Ocean. Gulp. Vast.
I don’t know if ya’ll are aware of this but…..the ocean is effing vast.
Why do I ponder down this philosophical path? Vacation. Two weeks.
Don’t get me wrong, I’m psyched. Food, fun, friends- what’s not to like? I love fishing, love being on boats, and since I learned what sun poisoning is (experience, ya’ll) I think I’m gonna love responsible sun bathing, too. But here is where my mind glitched:
I’m from Texas.
Sure, we have the gulf but have you been there? Gulf? Try Gulp. yuck yuck yuck! I crack myself up. And honestly, in the 18 years I resided in Texas I think I’d been to the Gulf maybe twice? Here’s what I’m getting at- I’m a lake girl. I love fishing, in the lake. I love boating, on a big ass lake. I know what’s in the lake.
I seriously just puked a little in my mouth. It’s just so….deep. Nothing the size of a whale can live in a lake, that’s like an elephant in a toilet, it doesn’t work. Gators? Ok, sure but not in my hood. Gar with massive teeth? Sure, but honestly it wants nothing to do with you. WHALES? *blink blink*
I had no idea I had a fear of whales until a night I dreamt of one on the beach, the sheer size of it had me feeling faint. My mind had truly put into perspective what Jonah and the Whale could never do. And I was terrified.

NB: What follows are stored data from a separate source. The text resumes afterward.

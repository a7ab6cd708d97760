-- ===== src/FlexLocks/Search.antt =====
-- `find` on a linked list whose locks are free.
use mathlib.Core.Path.{subst}
use native.Mathlib.Nat.{le_trans}
use splaylist.Base.{
  ℕ, zero, suc, ◌+◌, ◌≤◌, ◌<◌, ◌≡◌, ◌≢◌, ◌∙◌, refl, ap, sym, Bool, true, false, Option, none, some,
  arith, ◌==◌, ltb, leb, if◌then◌else◌, Bool-cases, inl, inr, ltb→lt, ltb→le, ==→eq, ==→ne,
}
use splaylist.Base.Run.{Run, done, Returns, returns, Returns-bind}
use splaylist.FlexSeq.State.{head, tail, upd}
use splaylist.FlexSeq.View.{View, StandsFor, IsLinked}
use splaylist.FlexSeq.View.Search.{Between, Stops, read_link, key_shown}
use splaylist.FlexSeq.View.Steps.{zero_shown, highest_shown}
use splaylist.FlexLocks.Shared.{LockList}
use splaylist.FlexLocks.Find.{find_walk, find_levels, find, count_path}
use splaylist.FlexLocks.Held.{AreFree, lower_locked-LoweredHere}

-- The search stops at a level between two nodes, with no lock held.
abbrev StopsAt : View ℕ → ℕ → ℕ → ℕ × Option ℕ × LockList → Type 0
StopsAt v key level (pred, succ, s) =
    AreFree s × ((q : ℕ) × (succ ≡ some q) × Stops v key level (pred, q, s.list))

module _ (v : View ℕ) (linked : IsLinked v) (tid key : ℕ) (below : key ≤ v.key tail) where
  -- What a search answers: the node with the key, or that there is none; and no lock is held.
  pub record Answer (found : Bool) (pred : ℕ) (succ : Option ℕ) (s : LockList) : Type 0 where
    pub stands : StandsFor v s.list
    pub free : AreFree s
    pub present : found ≡ true → (q : ℕ) × (succ ≡ some q) × (q < v.size) × (v.key q ≡ key)
    pub absent : found ≡ false → (r : ℕ) → r < v.size → v.key r ≢ key

  abbrev pub Answered : Bool × ℕ × Option ℕ × LockList → Type 0
  Answered (found, pred, succ, s) = Answer found pred succ s

  find_walk-StopsAt :
      (fuel level pred succ : ℕ) (s : LockList)
      → StandsFor v s.list
      → AreFree s
      → v.zero_level ≤ level
      → Between v key level pred succ
      → (s.list.nodes pred).zero_level ≤ level
      → (s.list.nodes succ).zero_level ≤ level
      → 0 < fuel
      → key < v.key succ + fuel
      → Returns (StopsAt v key level) (find_walk fuel tid key level pred (some succ) s)
  unfolding find_walk
  find_walk-StopsAt zero level pred succ s st fr le b zp zs pos fuel = absurd (omega arith)
  find_walk-StopsAt (suc f) level pred succ s st fr le b zp zs pos fuel =
      let k = key_shown v s.list succ st in
      elim (Bool-cases (ltb (s.list.nodes succ).key key)) [
        | inl more ↦
            let lt = ltb→lt (s.list.nodes succ).key key more in
            let (q, e, fq) =
              linked.links succ level b.follows.live (omega arith) le b.follows.reaches in
            let s₁ = count_path tid s in
            let grows = fq.above in
            rw (more, read_link v s.list succ level q st zs e)
              (Returns-bind (lower_locked-LoweredHere v q level s₁ st le fq.live (fr q)) λ s₂ w.
                let kept = w.lowered.kept succ in
                find_walk-StopsAt f level succ q s₂ w.lowered.stands (λ j. w.locks j ∙ fr j) le
                  (record {
                    live = b.follows.live;
                    before = omega arith;
                    wide = b.follows.reaches;
                    follows = fq;
                  })
                  (omega arith) w.lowered.reached (omega arith) (omega arith))
        | inr stop ↦ rw stop (
            returns (
              fr,
              (succ, refl, (st, b, omega (arith, ltb→le (s.list.nodes succ).key key stop), zp, zs)),
            ))
      ]

  -- No node has the key if it lies strictly between two nodes that are linked at the lowest level.
  gap-absent :
      (pred q : ℕ)
      → Between v key v.zero_level pred q
      → key < v.key q
      → (r : ℕ) → r < v.size
      → v.key r ≢ key
  gap-absent pred q b lt r live same =
      absurd (omega (arith, b.follows.least r live (omega (arith, b.before)) (linked.low r live)))

  find_levels_end :
      (n pred : ℕ) (succ : Option ℕ) (s : LockList)
      → n ≤ s.list.zero_level
      → find_levels n tid key pred succ s ≡ done (false, pred, succ, s)
  unfolding find_levels
  find_levels_end zero pred succ s le = refl
  find_levels_end (suc l) pred succ s le =
      let stop : leb s.list.zero_level l ≡ false = ground arith in rw stop refl

  -- What a level does once the walk along it has stopped.
  abbrev level_end : ℕ → ℕ → Option ℕ → LockList → Run (Bool × ℕ × Option ℕ × LockList)
  level_end level pred succ s =
      let rest = find_levels level tid key pred succ s in
      elim succ [
        | none ↦ rest
        | some r ↦
            if key == (s.list.nodes r).key
            then done
                (true, pred, some r, record s { contains = upd s.contains r (s.contains r + 1) })
            else rest
      ]

  level_end-Answered :
      (level pred : ℕ) (succ : Option ℕ) (s : LockList)
      → StopsAt v key level (pred, succ, s)
      → v.zero_level ≤ level
      → (v.zero_level < level → Returns Answered (find_levels level tid key pred succ s))
      → Returns Answered (level_end level pred succ s)
  level_end-Answered level pred none s (fr, (q, at, (st, b, le, zp, zs))) down rest = absurd cc
  level_end-Answered level pred (some r) s (fr, (q, at, (st, b, le, zp, zs))) down rest =
      let same : q ≡ r = cc in
      let k : (s.list.nodes r).key ≡ v.key q = key_shown v s.list r st ∙ sym (ap v.key same) in
      elim (Bool-cases (key == (s.list.nodes r).key)) [
        | inl hit ↦ rw hit (
            returns (record {
              stands = st;
              free = fr;
              present = λ _. (
                r,
                refl,
                omega (arith, b.follows.live),
                omega (arith, ==→eq key (s.list.nodes r).key hit, key_shown v s.list r st),
              );
              absent = λ n. absurd cc;
            }))
        | inr other ↦ elim (Bool-cases (ltb v.zero_level level)) [
          | inl more ↦ rw other (rest (ltb→lt v.zero_level level more))
          | inr last ↦
              let bottom : level ≡ v.zero_level = omega (arith, ltb→le v.zero_level level last) in
              let lt : key < v.key q = omega (arith, ==→ne key (s.list.nodes r).key other) in
              let low = zero_shown v s.list st in
              rw (other, find_levels_end level pred (some r) s (omega arith))
                (returns (record {
                  stands = st;
                  free = fr;
                  present = λ n. absurd cc;
                  absent = λ _. gap-absent pred q (subst (λ l. Between v key l pred q) bottom b) lt;
                }))
        ]
      ]

  find_levels-Answered :
      (n pred : ℕ) (succ : Option ℕ) (s : LockList)
      → StandsFor v s.list
      → AreFree s
      → v.zero_level < n
      → pred < v.size
      → v.key pred < key
      → n ≤ suc (v.top pred)
      → Returns Answered (find_levels n tid key pred succ s)
  unfolding find_levels
  find_levels-Answered zero pred succ s st fr le live lt wide = absurd (omega arith)
  find_levels-Answered (suc level) pred succ s st fr le live lt wide =
      let z = zero_shown v s.list st in
      let go : leb s.list.zero_level level ≡ true = ground arith in
      let (q, e, fq) = linked.links pred level live (omega arith) (omega arith) (omega arith) in
      rw go (
        Returns-bind
          (lower_locked-LoweredHere v pred level (count_path tid s) st (omega arith) live (fr pred))
          λ s₁ w₁. rw (read_link v s₁.list pred level q w₁.lowered.stands w₁.lowered.reached e) (
            Returns-bind
              (lower_locked-LoweredHere v q level s₁ w₁.lowered.stands (omega arith) fq.live
                (w₁.locks q ∙ fr q))
              λ s₂ w₂.
                Returns-bind
                  (find_walk-StopsAt (key + 1) level pred q s₂ w₂.lowered.stands
                    (λ j. w₂.locks j ∙ w₁.locks j ∙ fr j) (omega arith)
                    (record { live = live; before = lt; wide = omega arith; follows = fq })
                    (le_trans (w₂.lowered.kept pred) w₁.lowered.reached) w₂.lowered.reached
                    (omega arith) (omega arith))
                  λ (pred', succ', s₃) (fr₃, (q', at, stops)).
                    level_end-Answered level pred' succ' s₃ (fr₃, (q', at, stops)) (omega arith)
                      λ more.
                        find_levels-Answered level pred' succ' s₃ stops.0 fr₃ more stops.1.live
                          stops.1.before (omega (arith, stops.1.wide))))

  -- On a list that stands for a linked view, with all locks free, `find` of a key above that of `head` and
  -- at most that of `tail` returns. It answers true with the node that has the key, and false only if no
  -- node has the key; what the list stands for is kept, and all locks are free again.
  pub locked_find-Answered :
      (s : LockList)
      → StandsFor v s.list
      → AreFree s
      → v.key head < key
      → Returns Answered (find tid key s)
  unfolding find
  locked_find-Answered s st fr lt =
      let top = highest_shown v s.list st in
      find_levels-Answered s.list.highest head ((s.list.nodes head).next s.list.highest) s st fr
        (omega (arith, linked.shallow)) (omega (arith, linked.sized)) lt
        (omega (arith, linked.head_top))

But it wasn’t until I was sitting around with my vacation-going buddies that my mind connected all the activities I couldn’t wait to do….were going to be on the ocean. Not a lake. I saw myself tubing and then put into perspective how much space floated down from below my feet….and what swam smoothly in the depths of the ocean I couldn’t penetrate. OH FOR ALL THAT IS HOLY.
Obviously I’ll face my fears. Obviously this will probably make for some spectacular blogging. Obviously we’re all fucking crazy for venturing into a WHALES TERRITORY. But I digress…and can’t wait for vacation, no matter how massive it is.